Managing Social Anxiety in the Holiday Season: Techniques for Attending Parties and Events

Families and friends get together for events and occasions over the holiday season. Some young people may experience increased stress as a result, particularly in situations involving big social groups.

In general, the stress of finances, time constraints, gift-giving, and holiday get-togethers can all make anxiety worse around the holidays. When you are among people you don’t typically see, are asked to engage in small conversation, or feel under pressure to respond to inquiries about your personal life—such as your employment, relationships, or political views—your level of social anxiety may rise. These tips can help you cope with social anxiety this holiday season.

In social situations, a person suffering from social anxiety may come across as reserved or bashful. In addition, even when they want to, they could find it difficult to engage in conversation or to be around other people.

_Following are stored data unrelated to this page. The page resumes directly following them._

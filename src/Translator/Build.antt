-- ===== src/Translator/Build.antt =====
-- cmd/translator/main.go: buildSet, from a Tetragon event to a SET.
pub mod Laws
use ebpf_ssf_broker.Base.{Option, none, some, ◌++◌, Text, codes}
use ebpf_ssf_broker.Go.Clock.{unix_nano, Time}
use ebpf_ssf_broker.Go.Http.{Fields, field}
use ebpf_ssf_broker.Caep.Set.{new_set, SubjectId, CaepEvent, SetClaims}

-- The parts of github.com/cilium/tetragon's messages that are read. Pointers may be nil.
pub record Pod : Type 0 where
  pub namespace : Text
  pub pod_labels : Fields

pub record Process : Type 0 where
  pub binary : Text
  pub pod : Option Pod

pub record ProcessKprobe : Type 0 where
  pub function_name : Text
  pub process : Option Process

abbrev pub pod_of_process : Option Process → Option Pod
pod_of_process none = none
pod_of_process (some p) = p.pod

-- kp.Process.Pod, where no pointer on the way is nil.
abbrev pub attribution : Option ProcessKprobe → Option Pod
attribution none = none
attribution (some kp) = pod_of_process kp.process

-- fmt.Sprintf("spiffe://example.org/ns/%s/sa/%s", namespace, workload)
abbrev pub spiffe_uri : (namespace workload : Text) → Text
spiffe_uri namespace workload =
    codes "spiffe://example.org/ns/" ++ (namespace ++ (codes "/sa/" ++ workload))

-- The SET of an event in a pod.
mint : (Time → Time) → Pod → (t0 iat : Time) → Text → SetClaims
unfolding new_set
mint numeric_date pod t0 iat jti =
    let subject : SubjectId = record {
      format = codes "uri";
      uri = spiffe_uri pod.namespace (field pod.pod_labels (codes "app"));
    } in
    let event : CaepEvent = record {
      event_time_stamp_ns = unix_nano t0;
      initiating_entity = codes "policy";
    } in
    new_set numeric_date (codes "translator") (codes "actuator") jti iat subject event

set_for_pod : (Time → Time) → Option Pod → (t0 iat : Time) → Text → Option SetClaims
unfolding mint
set_for_pod numeric_date none t0 iat jti = none
set_for_pod numeric_date (some pod) t0 iat jti = some (mint numeric_date pod t0 iat jti)

-- buildSet; `none` is its error, an event without pod attribution.
unfoldable pub build_set :
    (Time → Time) → Option ProcessKprobe → (t0 iat : Time) → Text → Option SetClaims
unfolding set_for_pod
build_set numeric_date kp t0 iat jti = set_for_pod numeric_date (attribution kp) t0 iat jti
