-- ===== src/Translator/Post.antt =====
-- cmd/translator/main.go: postSet.
pub mod Laws
use ebpf_ssf_broker.Base.{ℕ, Bool, not, Option, none, some, [], ◌==◌, if◌then◌else◌, Text, codes}
use ebpf_ssf_broker.Go.Clock.{zero_time, unix_nano, Time}
use ebpf_ssf_broker.Go.Decimal.{format_int}
use ebpf_ssf_broker.Go.Http.{set_field, method_post, status_accepted, Request, Response}

abbrev pub header_t1 : Text
header_t1 = codes "X-Zta-T1-Ns"

abbrev pub header_t3 : Text
header_t3 = codes "X-Zta-T3-Ns"

-- The network behind the HTTP client: whether a URL is accepted by http.NewRequestWithContext, and
-- client.Do, `none` for its error.
pub record Transport : Type 1 where
  pub World : Type 0
  pub accepts_url : Text → Bool
  pub round_trip : World → (url : Text) → Request → World × Option Response

pub data PostError : Type 0 where
  bad_request transport_error : PostError
  refused : (status : ℕ) → PostError

-- The request on the wire.
unfoldable pub set_request : (token : Text) (t1 t3 : Time) → Request
set_request token t1 t3 = record {
  method = method_post;
  headers =
      set_field
        (set_field (set_field [] (codes "Content-Type") (codes "application/secevent+jwt"))
          header_t1 (format_int (unix_nano t1)))
        header_t3 (format_int (unix_nano t3));
  body = some token;
}

abbrev pub answer_error : Option Response → Option PostError
answer_error none = some transport_error
answer_error (some resp) =
    if resp.status == status_accepted then none else some (refused resp.status)

module _ (tr : Transport) where
  -- The world after the call, the returned T3 and the returned error.
  pub record Posted : Type 0 where
    pub world : tr.World
    pub t3 : Time
    pub error : Option PostError

module _ (tr : Transport) where
  after_do : Time → tr.World × Option Response → Posted tr
  after_do t3 (w, answer) = record { world = w; t3 = t3; error = answer_error answer }

  -- postSet; `now` is what time.Now returns for T3.
  unfoldable pub post_set : (now : Time) → tr.World → (url token : Text) → (t1 : Time) → Posted tr
  unfolding after_do
  post_set now w url token t1 =
      if not (tr.accepts_url url)
      then record { world = w; t3 = zero_time; error = some bad_request }
      else after_do now (tr.round_trip w url (set_request token t1 now))
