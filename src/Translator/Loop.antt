-- ===== src/Translator/Loop.antt =====
-- cmd/translator/main.go: the reconnect loop and the receive loop of main.
pub mod Laws
pub mod Reconnect
use ebpf_ssf_broker.Base.{
  ℕ, Bool, true, false, not, Option, none, some, List, [], ◌∷◌, ◌++◌, if◌then◌else◌, Text,
}
use ebpf_ssf_broker.Go.Clock.{Time}
use ebpf_ssf_broker.Caep.Set.{SetClaims}
use ebpf_ssf_broker.Caep.Jwt.{encode_unsigned, Jwt}
use ebpf_ssf_broker.Translator.Build.{build_set, ProcessKprobe}
use ebpf_ssf_broker.Translator.Post.{post_set, Transport, PostError, Posted}

-- res.Event of a GetEventsResponse: a kprobe event, whose pointer may be nil, or any other.
pub data Event : Type 0 where
  kprobe : Option ProcessKprobe → Event
  other_event : Event

pub record GetEventsResponse : Type 0 where
  pub event : Event
  pub time : Option Time

-- What stream.Recv returns.
pub data Received : Type 0 where
  message : GetEventsResponse → Received
  end_of_stream broken_stream : Received

-- What the clock and the uuid library return in one round: T1, the mint time, T2, T3, the jti.
pub record Round : Type 0 where
  pub recv : Time
  pub minted : Time
  pub t2 : Time
  pub t3 : Time
  pub jti : Text

-- What a round or a stream comes to: the log lines of the loops, and their sleeps.
pub data Action : Type 0 where
  event_received : (binary function : Text) (t0 t1 : Time) → Action
  set_minted : (jti sub token : Text) → Action
  posted : (jti : Text) (t0 t1 t2 t3 : Time) → Action
  post_failed : (jti : Text) → PostError → Action
  encode_failed no_attribution open_failed stream_opened stream_ended : Action
  slept : (seconds : ℕ) → Action

-- One pass of the outer loop: a stream that could not be opened, or one with what it delivered.
pub data Attempt : Type 0 where
  unopened : Attempt
  opened : List (Round × Received) → Attempt

-- The guard before the dereference: kp == nil || kp.Process == nil
abbrev pub has_process : Option ProcessKprobe → Bool
has_process none = false
has_process (some kp) = elim kp.process [ none ↦ false | some p ↦ true ]

-- The line about a kprobe event, where no pointer is nil.
abbrev pub received_line : Option ProcessKprobe → (t0 t1 : Time) → List Action
received_line none t0 t1 = []
received_line (some kp) t0 t1 = elim kp.process [
  | none ↦ []
  | some p ↦ event_received p.binary kp.function_name t0 t1 ∷ []
]

abbrev pub or_else : Option Time → Time → Time
or_else none t = t
or_else (some t0) t = t0

module _ (jwt : Jwt) (tr : Transport) (url : Text) where
  unfoldable pub after_post : Round → Text → Time → Posted tr → tr.World × List Action
  after_post r jti t0 p = elim p.error [
    | none ↦ (p.world, posted jti t0 r.recv r.t2 p.t3 ∷ [])
    | some e ↦ (p.world, post_failed jti e ∷ [])
  ]

  after_encode : Round → tr.World → Time → SetClaims → Option Text → tr.World × List Action
  unfolding after_post
  after_encode r w t0 c none = (w, encode_failed ∷ [])
  after_encode r w t0 c (some token) =
      let (w', said) = after_post r c.registered.id t0 (post_set tr r.t3 w url token r.recv) in
      (w', set_minted c.registered.id c.sub_id.uri token ∷ said)

  after_build : Round → tr.World → Time → Option SetClaims → tr.World × List Action
  unfolding after_encode
  after_build r w t0 none = (w, no_attribution ∷ [])
  after_build r w t0 (some c) = after_encode r w t0 c (encode_unsigned jwt c)

  -- The body of the receive loop for a message.
  unfoldable pub handle_message : Round → tr.World → GetEventsResponse → tr.World × List Action
  unfolding after_build
  handle_message r w res = elim res.event [
    | other_event ↦ (w, [])
    | kprobe kp ↦
        if not (has_process kp)
        then (w, [])
        else let t0 = or_else res.time r.recv in
          let (w', said) = after_build r w t0 (build_set jwt.numeric_date kp t0 r.minted r.jti) in
          (w', received_line kp t0 r.recv ++ said)
  ]

  -- The receive loop over what a stream has delivered so far.
  unfoldable pub receive : tr.World → List (Round × Received) → tr.World × List Action
  receive w [] = (w, [])
  receive w ((r, end_of_stream) ∷ rest) = (w, stream_ended ∷ [])
  receive w ((r, broken_stream) ∷ rest) = (w, stream_ended ∷ [])
  receive w ((r, message res) ∷ rest) =
      let (w', done) = handle_message r w res in
      let (w'', later) = receive w' rest in (w'', done ++ later)

  -- The outer loop, over the passes that the process makes until it is stopped.
  unfoldable pub reconnect : tr.World → List Attempt → tr.World × List Action
  reconnect w [] = (w, [])
  reconnect w (unopened ∷ rest) =
      let (w', later) = reconnect w rest in (w', open_failed ∷ slept 5 ∷ later)
  reconnect w (opened ms ∷ rest) =
      let (w', done) = receive w ms in
      let (w'', later) = reconnect w' rest in (w'', stream_opened ∷ done ++ slept 2 ∷ later)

Symptoms of social anxiety can be both physical and mental, and they include:

  • Severe anxiety
  • Being aware of oneself
  • accelerated heart rate
  • heightened awareness
  • mouth dryness
  • Leg weakness
  • chest ache
  • emesis
  • breathing difficulties

What strategies can you use to control or get ready for social anxiety before attending a holiday party?

  • Prepare a few talk-starters on your interests or accomplishments.
  • Invite a friend to the event.
  • Establish limits on how long you stay or the topics of conversation you choose not to engage in. Plan a self-care activity for before or after the gathering.

When you’re at a holiday get-together, how do you handle or control your social anxiety?

  • Offer to assist the host in finding a chore to divert their attention.
  • Take a short walk outside and share your feelings with a loved one you can trust.
  • Try to change your negative thoughts or self-talk to more realistically positive ones.

If your social anxiety is driving you to avoid social settings at work, school, or with friends and family, or if it is continuously interfering with your everyday life, you should seek help as soon as you believe it is necessary. For assistance with choices for medicine or mental health care, please get in touch with your doctor.